WHAT TO WORK ON:
A complete, exact copy of the records is needed here.

----

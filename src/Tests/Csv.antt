-- ===== src/Tests/Csv.antt =====
-- Runs of the CSV reader and writer, with a list for the columns and a tokenizer without quotes.
mod Table
mod Cells
use nstl.Prelude.{
  ℕ, zero, suc, ◌+◌, ◌-◌, ◌*◌, ◌/◌, ◌%◌, ◌^◌, ◌≤◌, ◌<◌, min, ◌≡◌, refl, sym, ap, ◌∙◌, ◌≢◌, ◌↔◌, ◌⊎◌,
  inl, inr, Bool, true, false, ◌&&◌, ◌||◌, not, Option, none, some, List, [], ◌∷◌, ◌++◌, map,
  append-nil, append_assoc, arith, ltb, leb, ◌==◌, if◌then◌else◌, ltb→lt, lt→ltb, leb→le, le→leb,
  ==_iff, tests, Bool-cases, Option-cases, all_below, all_below_sound, length, get_elem?, take,
  drop, replicate, length-append, take-append-drop, length-take, length-drop, length-replicate,
  take-append, drop-append, take-append_of_le, take-append_of_ge, append-replicate, take_of_ge,
  drop_of_ge, length-map, All, All-append, Exception, nstl_exception, length_error, bad_alloc,
  runtime_error, out_of_range, invalid_argument, Result, ok, err, ◌>>=◌, ◌>>◌, throw_if, >>=-eq-ok,
  Result-cases, get_elem?_of_lt, nil_of_length, find, c_string, codes, drop_next,
}
use nstl.Csv.{
  CsvParseConfig, default_config, Columns, Tokens, CsvDictReader, open_reader, next, take_line,
  is_skipped, get_field, write_row, write_field, escape_loop, row_loop, has_any, parse_columns,
  column_loop, getline, line_of, next_loop, get_field_in,
}
use nstl.Csv.RoundTrip.{tokens_of, decode, IsDistinct, tokens_of-write_row}
use nstl.Csv.Lines.{put_lines, next_skips}
use nstl.Csv.Fields.{IsHeaded, open_reader-IsHeaded, get_field-next}
use nstl.Tests.Csv.Table.{table, table_laws, split_commas}
use nstl.Tests.Csv.Cells.{cells, entries, cells_laws}
use nstl.Csv.Data.{data_of, filled, fill_loop, get_data, get_data_new, parse_csv_line}
use nstl.Csv.Cells.{Gives, get_data-Gives}

default-IsDistinct : IsDistinct default_config
default-IsDistinct = record {
  escape-coma = omega arith;
  escape-quote = omega arith;
  coma-quote = omega arith;
  escape_some = omega arith;
  coma_some = omega arith;
  quote_some = omega arith;
  escape_n = omega arith;
  quote_n = omega arith;
}

writes :
    write_row default_config (codes "a,b" ∷ codes "c" ∷ (10 ∷ []) ∷ [])
    ≡ (34 ∷ codes "a,b") ++ 34 ∷ codes ",c," ++ 34 ∷ 92 ∷ b'n' ∷ 34 ∷ []
unfolding write_row row_loop write_field escape_loop has_any c_string find
writes = refl

tokens_of-write_row_example :
    tokens_of default_config (write_row default_config (codes "a,b" ∷ (10 ∷ 34 ∷ []) ∷ []))
    ≡ some (codes "a,b" ∷ (10 ∷ 34 ∷ []) ∷ [])
tokens_of-write_row_example =
    tokens_of-write_row default_config default-IsDistinct (codes "a,b") ((10 ∷ 34 ∷ []) ∷ [])
      (λ e. cc)

abbrev tokens : CsvParseConfig → List ℕ → Tokens
tokens config text = record { fields = split_commas text; failed = false }

abbrev body : List ℕ
body = put_lines (codes "#none" ∷ []) ++ (codes "1,2" ++ 10 ∷ [])

abbrev reader : CsvDictReader table tokens
reader = record {
  config = default_config;
  stream = body;
  line = 1;
  columns = some ((codes "y", 1) ∷ (codes "x", 0) ∷ []);
  values = none;
}

opens : open_reader table tokens (codes "x,y" ++ 10 ∷ body) default_config ≡ ok reader
unfolding open_reader parse_columns column_loop getline line_of
opens = refl

reads : (next table tokens reader).1 ≡ ok true
unfolding next next_loop getline line_of is_skipped take_line
reads = refl

finds : get_field table tokens (next table tokens reader).0 (codes "y") ≡ some (codes "2")
unfolding next next_loop getline line_of is_skipped take_line get_field get_field_in
finds = refl

header_line : getline (codes "x,y" ++ 10 ∷ body) ≡ some (codes "x,y", body)
unfolding getline line_of
header_line = refl

headed : IsHeaded table table_laws tokens (codes "x" ∷ codes "y" ∷ []) reader
headed =
    open_reader-IsHeaded table table_laws tokens default_config (codes "x,y" ++ 10 ∷ body)
      (codes "x,y") body refl header_line opens

open_reader-IsHeaded_example : IsHeaded table table_laws tokens (codes "x" ∷ codes "y" ∷ []) reader
open_reader-IsHeaded_example =
    open_reader-IsHeaded table table_laws tokens default_config (codes "x,y" ++ 10 ∷ body)
      (codes "x,y") body refl header_line opens

get_field-next_example :
    (vs : List (List ℕ)) × ((next table tokens reader).0.values ≡ some vs)
    × (length vs ≡ 2)
    × ((k : List ℕ) (i : ℕ)
        → get_elem? (codes "x" ∷ codes "y" ∷ []) i ≡ some k
        → get_field table tokens (next table tokens reader).0 k ≡ get_elem? vs i)
get_field-next_example =
    get_field-next table table_laws tokens (codes "x" ∷ codes "y" ∷ []) reader headed refl reads

comment_skipped : is_skipped default_config (codes "#none") ≡ true
unfolding is_skipped
comment_skipped = refl

row_taken : is_skipped default_config (codes "1,2") ≡ false
unfolding is_skipped
row_taken = refl

next_skips_example :
    next table tokens reader
    ≡ take_line table tokens (record reader { stream = []; line = 2 }) (codes "1,2")
next_skips_example =
    next_skips table tokens reader (codes "#none" ∷ []) (codes "1,2") []
      ((omega arith, comment_skipped), tt) (omega arith) row_taken refl (omega arith)

abbrev mapping : List (List ℕ × ℕ)
mapping = (codes "y", 1) ∷ (codes "x", 0) ∷ []

fills :
    (get_data_new table tokens entries cells reader).1
    ≡ ok (some ((codes "x", codes "1") ∷ (codes "y", codes "2") ∷ []))
unfolding get_data_new get_data fill_loop next next_loop getline line_of is_skipped take_line
fills = refl

parses :
    parse_csv_line tokens default_config true (codes "1,2") ≡ (codes "1" ∷ codes "2" ∷ [], ok 2)
unfolding parse_csv_line
parses = refl

get_data-Gives_example :
    Gives table tokens entries cells cells_laws table_laws
      (next table tokens reader)
      []
      (get_data table tokens entries cells reader [])
get_data-Gives_example =
    get_data-Gives table tokens entries cells cells_laws table_laws reader mapping [] refl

----

WRITTEN ANSWER:
filename src/Tests/Csv.antt
-- ===== src/Tests/Csv.antt =====
-- Runs of the CSV reader and writer, with a list for the columns and a tokenizer without quotes.
mod Table
mod Cells
use nstl.Prelude.{
  ℕ, zero, suc, ◌+◌, ◌-◌, ◌*◌, ◌/◌, ◌%◌, ◌^◌, ◌≤◌, ◌<◌, min, ◌≡◌, refl, sym, ap, ◌∙◌, ◌≢◌, ◌↔◌, ◌⊎◌,
  inl, inr, Bool, true, false, ◌&&◌, ◌||◌, not, Option, none, some, List, [], ◌∷◌, ◌++◌, map,
  append-nil, append_assoc, arith, ltb, leb, ◌==◌, if◌then◌else◌, ltb→lt, lt→ltb, leb→le, le→leb,
  ==_iff, tests, Bool-cases, Option-cases, all_below, all_below_sound, length, get_elem?, take,
  drop, replicate, length-append, take-append-drop, length-take, length-drop, length-replicate,
  take-append, drop-append, take-append_of_le, take-append_of_ge, append-replicate, take_of_ge,
  drop_of_ge, length-map, All, All-append, Exception, nstl_exception, length_error, bad_alloc,
  runtime_error, out_of_range, invalid_argument, Result, ok, err, ◌>>=◌, ◌>>◌, throw_if, >>=-eq-ok,
  Result-cases, get_elem?_of_lt, nil_of_length, find, c_string, codes, drop_next,
}
use nstl.Csv.{
  CsvParseConfig, default_config, Columns, Tokens, CsvDictReader, open_reader, next, take_line,
  is_skipped, get_field, write_row, write_field, escape_loop, row_loop, has_any, parse_columns,
  column_loop, getline, line_of, next_loop, get_field_in,
}
use nstl.Csv.RoundTrip.{tokens_of, decode, IsDistinct, tokens_of-write_row}
use nstl.Csv.Lines.{put_lines, next_skips}
use nstl.Csv.Fields.{IsHeaded, open_reader-IsHeaded, get_field-next}
use nstl.Tests.Csv.Table.{table, table_laws, split_commas}
use nstl.Tests.Csv.Cells.{cells, entries, cells_laws}
use nstl.Csv.Data.{data_of, filled, fill_loop, get_data, get_data_new, parse_csv_line}
use nstl.Csv.Cells.{Gives, get_data-Gives}

default-IsDistinct : IsDistinct default_config
default-IsDistinct = record {
  escape-coma = omega arith;
  escape-quote = omega arith;
  coma-quote = omega arith;
  escape_some = omega arith;
  coma_some = omega arith;
  quote_some = omega arith;
  escape_n = omega arith;
  quote_n = omega arith;
}

writes :
    write_row default_config (codes "a,b" ∷ codes "c" ∷ (10 ∷ []) ∷ [])
    ≡ (34 ∷ codes "a,b") ++ 34 ∷ codes ",c," ++ 34 ∷ 92 ∷ b'n' ∷ 34 ∷ []
unfolding write_row row_loop write_field escape_loop has_any c_string find
writes = refl

tokens_of-write_row_example :
    tokens_of default_config (write_row default_config (codes "a,b" ∷ (10 ∷ 34 ∷ []) ∷ []))
    ≡ some (codes "a,b" ∷ (10 ∷ 34 ∷ []) ∷ [])
tokens_of-write_row_example =
    tokens_of-write_row default_config default-IsDistinct (codes "a,b") ((10 ∷ 34 ∷ []) ∷ [])
      (λ e. cc)

abbrev tokens : CsvParseConfig → List ℕ → Tokens
tokens config text = record { fields = split_commas text; failed = false }

abbrev body : List ℕ
body = put_lines (codes "#none" ∷ []) ++ (codes "1,2" ++ 10 ∷ [])

abbrev reader : CsvDictReader table tokens
reader = record {
  config = default_config;
  stream = body;
  line = 1;
  columns = some ((codes "y", 1) ∷ (codes "x", 0) ∷ []);
  values = none;
}

opens : open_reader table tokens (codes "x,y" ++ 10 ∷ body) default_config ≡ ok reader
unfolding open_reader parse_columns column_loop getline line_of
opens = refl

reads : (next table tokens reader).1 ≡ ok true
unfolding next next_loop getline line_of is_skipped take_line
reads = refl

finds : get_field table tokens (next table tokens reader).0 (codes "y") ≡ some (codes "2")
unfolding next next_loop getline line_of is_skipped take_line get_field get_field_in
finds = refl

header_line : getline (codes "x,y" ++ 10 ∷ body) ≡ some (codes "x,y", body)
unfolding getline line_of
header_line = refl

headed : IsHeaded table table_laws tokens (codes "x" ∷ codes "y" ∷ []) reader
headed =
    open_reader-IsHeaded table table_laws tokens default_config (codes "x,y" ++ 10 ∷ body)
      (codes "x,y") body refl header_line opens

open_reader-IsHeaded_example : IsHeaded table table_laws tokens (codes "x" ∷ codes "y" ∷ []) reader
open_reader-IsHeaded_example =
    open_reader-IsHeaded table table_laws tokens default_config (codes "x,y" ++ 10 ∷ body)
      (codes "x,y") body refl header_line opens

get_field-next_example :
    (vs : List (List ℕ)) × ((next table tokens reader).0.values ≡ some vs)
    × (length vs ≡ 2)
    × ((k : List ℕ) (i : ℕ)
        → get_elem? (codes "x" ∷ codes "y" ∷ []) i ≡ some k
        → get_field table tokens (next table tokens reader).0 k ≡ get_elem? vs i)
get_field-next_example =
    get_field-next table table_laws tokens (codes "x" ∷ codes "y" ∷ []) reader headed refl reads

comment_skipped : is_skipped default_config (codes "#none") ≡ true
unfolding is_skipped
comment_skipped = refl

row_taken : is_skipped default_config (codes "1,2") ≡ false
unfolding is_skipped
row_taken = refl

next_skips_example :
    next table tokens reader
    ≡ take_line table tokens (record reader { stream = []; line = 2 }) (codes "1,2")
next_skips_example =
    next_skips table tokens reader (codes "#none" ∷ []) (codes "1,2") []
      ((omega arith, comment_skipped), tt) (omega arith) row_taken refl (omega arith)

abbrev mapping : List (List ℕ × ℕ)
mapping = (codes "y", 1) ∷ (codes "x", 0) ∷ []

fills :
    (get_data_new table tokens entries cells reader).1
    ≡ ok (some ((codes "x", codes "1") ∷ (codes "y", codes "2") ∷ []))
unfolding get_data_new get_data fill_loop next next_loop getline line_of is_skipped take_line
fills = refl

parses :
    parse_csv_line tokens default_config true (codes "1,2") ≡ (codes "1" ∷ codes "2" ∷ [], ok 2)
unfolding parse_csv_line
parses = refl

get_data-Gives_example :
    Gives table tokens entries cells cells_laws table_laws
      (next table tokens reader)
      []
      (get_data table tokens entries cells reader [])
get_data-Gives_example =
    get_data-Gives table tokens entries cells cells_laws table_laws reader mapping [] refl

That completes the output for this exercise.